Saturday, 6 December 2014

Knowing the Matthew Price of everything and the value of nothing



For those paying attention at the back, a post earlier this week presented evidence of strong pro-immigration bias from Today's newly-appointed 'chief correspondent' Matthew Price. Doing my duty as a conscientious blogger, it's only right to follow it up as another report was broadcast later in the week which slightly qualifies my earlier criticism.

The earlier reports focused on heart-tugging personal stories from immigrants, on the downsides of the government's moves to cap benefits for immigrants, and on the pro-immigration views of various influential parties and experts. Friday's report, however, focused on the views of ordinary people in Dudley, many of whom expressed concerns about/opposition to immigration (including a Pakistani gentleman who said that immigration is good but that the government should cut down on immigrants from the EU and outside of the Commonwealth (i.e. keep immigration from countries like Pakistan flowing!))

This is good, and didn't try to hide what people really think.

However, being the BBC, it also had an undercurrent of pro-immigration bias.

Why Dudley? Well, check out how the Today website described the story:
How British is Britain? And is immigration, which has always been a part of life on these isles, making the country less British? Large numbers of people across the country believe the answer to that is 'yes', even if they are living in areas where there are relatively few foreign born residents.
Dudley is one of those areas. Checking out the demographics, it remains predominantly 'white', with a lower than average infusion of immigrants. So, the programme seemed to be asking, why on earth are they moaning about immigration when they have so few immigrants in their area?

Matthew Price restated that point later:
Looking around you can see this is overwhelmingly a white British town. Fewer foreigners are moving here than to other parts of the West Midlands. But that's not how it feels to many of the traders.
This smacks of the old BBC 'feelings over facts' point about immigration, I think - the idea that the public are uninformed and irrational.

Matthew Price began in a boxing club where 'British Asians' and Poles mingle with the natives. He said it's the EU migrants "that are getting people talking". Someone at Biased BBC from the area, however (whose comment I can't find), said that it's actually a planned local mosque that's really getting up people's noses there (and Googling around seems to confirm that), but resentment at the effects of Muslim immigration clearly wasn't on Matthew Price's agenda. [Those demographics show that 'British Asians' are the local ethnic minority (5.6%) and that Muslims form 4.1% of the population there, with Jews having a 0.0% presence there]. 

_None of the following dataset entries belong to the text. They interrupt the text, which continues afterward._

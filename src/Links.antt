-- ===== src/Links.antt =====
-- Singly linked lists in memory: a cell at each address, and the segments that `next` leads
-- through. `struct block` of the two allocators and `struct node` of the scheduler are such cells:
-- `value` is the size of a block, or the pid of a node.
pub mod Last
use silkware.Base.{ℕ, ◌≡◌, refl, List, [], ◌∷◌, ◌++◌, arith, ◌==◌, if◌then◌else◌, Bool, false, ◌||◌}

pub record Cell : Type 0 where
  pub value : ℕ
  pub next : ℕ

abbrev pub cell : ℕ → ℕ → Cell
cell v q = record { value = v; next = q }

abbrev pub Cells : Type 0
Cells = ℕ → Cell

abbrev pub write : Cells → ℕ → Cell → Cells
write h p c a = if a == p then c else h a

-- `p->next = q`
abbrev pub set_next : Cells → ℕ → ℕ → Cells
set_next h p q = write h p (cell (h p).value q)

-- `p->value = v`
abbrev pub set_value : Cells → ℕ → ℕ → Cells
set_value h p v = write h p (cell v (h p).next)

-- The addresses and values of a list, in order.
abbrev pub Items : Type 0
Items = List (ℕ × ℕ)

-- From `p` the `next` pointers lead through `xs` to `stop`.
abbrev pub Seg : Cells → ℕ → Items → ℕ → Type 0
Seg h p [] stop = p ≡ stop
Seg h p ((a, v) ∷ xs) stop = (p ≡ a) × ((h a).value ≡ v) × Seg h (h a).next xs stop

abbrev pub has : ℕ → Items → Bool
has a [] = false
has a ((b, _) ∷ xs) = a == b || has a xs

-- The addresses of a list are distinct.
abbrev pub Distinct : Items → Type 0
Distinct [] = Unit
Distinct ((a, _) ∷ xs) = (has a xs ≡ false) × Distinct xs

-- A segment does not see a write outside it.
pub Seg-write :
    (xs : Items) (h : Cells) (p stop a : ℕ) (c : Cell)
    → has a xs ≡ false
    → Seg h p xs stop
    → Seg (write h a c) p xs stop
Seg-write [] h p stop a c out s = s
Seg-write ((b, v) ∷ xs) h p stop a c out s = ground (arith, Seg-write xs h (h b).next stop a c)

pub Seg-append :
    (xs ys : Items) (h : Cells) (p mid stop : ℕ)
    → Seg h p xs mid
    → Seg h mid ys stop
    → Seg h p (xs ++ ys) stop
Seg-append [] ys h p mid stop s t = rw s t
Seg-append ((b, v) ∷ xs) ys h p mid stop s t =
    (s.0, s.1, Seg-append xs ys h (h b).next mid stop s.2 t)

-- A segment over two lists passes through a middle.
pub Seg-split :
    (xs ys : Items) (h : Cells) (p stop : ℕ)
    → Seg h p (xs ++ ys) stop
    → (mid : ℕ) × Seg h p xs mid × Seg h mid ys stop
Seg-split [] ys h p stop s = (p, refl, s)
Seg-split ((b, v) ∷ xs) ys h p stop s =
    let (mid, l, r) = Seg-split xs ys h (h b).next stop s.2 in (mid, (s.0, s.1, l), r)

pub has-append : (a : ℕ) (xs ys : Items) → has a (xs ++ ys) ≡ (has a xs || has a ys)
has-append a [] ys = refl
has-append a ((b, _) ∷ xs) ys = ground (arith, has-append a xs ys)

Still, at least we got what to hear some of what the locals really think and UKIP will have found some of the comments very encouraging.

Matthew, however, kept challenging his vox pops on their facts (again suggesting that he thinks they're being wrong-headed)...
- Dudley doesn't actually have that many people coming in from outside. Statistically it's lower than a lot of places actually.
- Even here? 
- Well, you could go to Eastern Europe.
...and, unlike his other reports from around the country, there were no various influential parties and experts, so no immigration-sceptical influential people/experts have appeared in any of Matthew Price's immigration reports so far.

The following studio interview, however, was with Labour MP Frank Field. Mr Field, always the free-thinker on matters of political controversy, is a rare Labour sceptic on mass immigration. He's no opponent, but at least he provided a little counterbalance to the intense pro-immigration guest (Prof Ian Goldin) from earlier in the week. 

Today's edition of Today attempted an end-of-the-week round up - an interview with Professor Paul Ward, author of “Call Yourself British? National identity in the United Kingdom in the Twentieth Century” and Trevor Phillips, former chairman of the Equality and Human Rights Commission - and neither of those are anti-immigration either. Its angle - immigrants' contrasting feelings of Britishness - was at a tangent to the rest of the week's coverage. 

1 comment:

  1. It's completely biased (and therefore, not very good reporting).

    Would challenge his interviewees. If someone said "I'm British and Muslim" would he ask "Ok, but do you support the introduction of Sharia law in this land? Is that part of your definition of being British - bringing in Sharia law?"

    Of course he wouldn't. The only challenging taking place is challenging of views he doesn't like.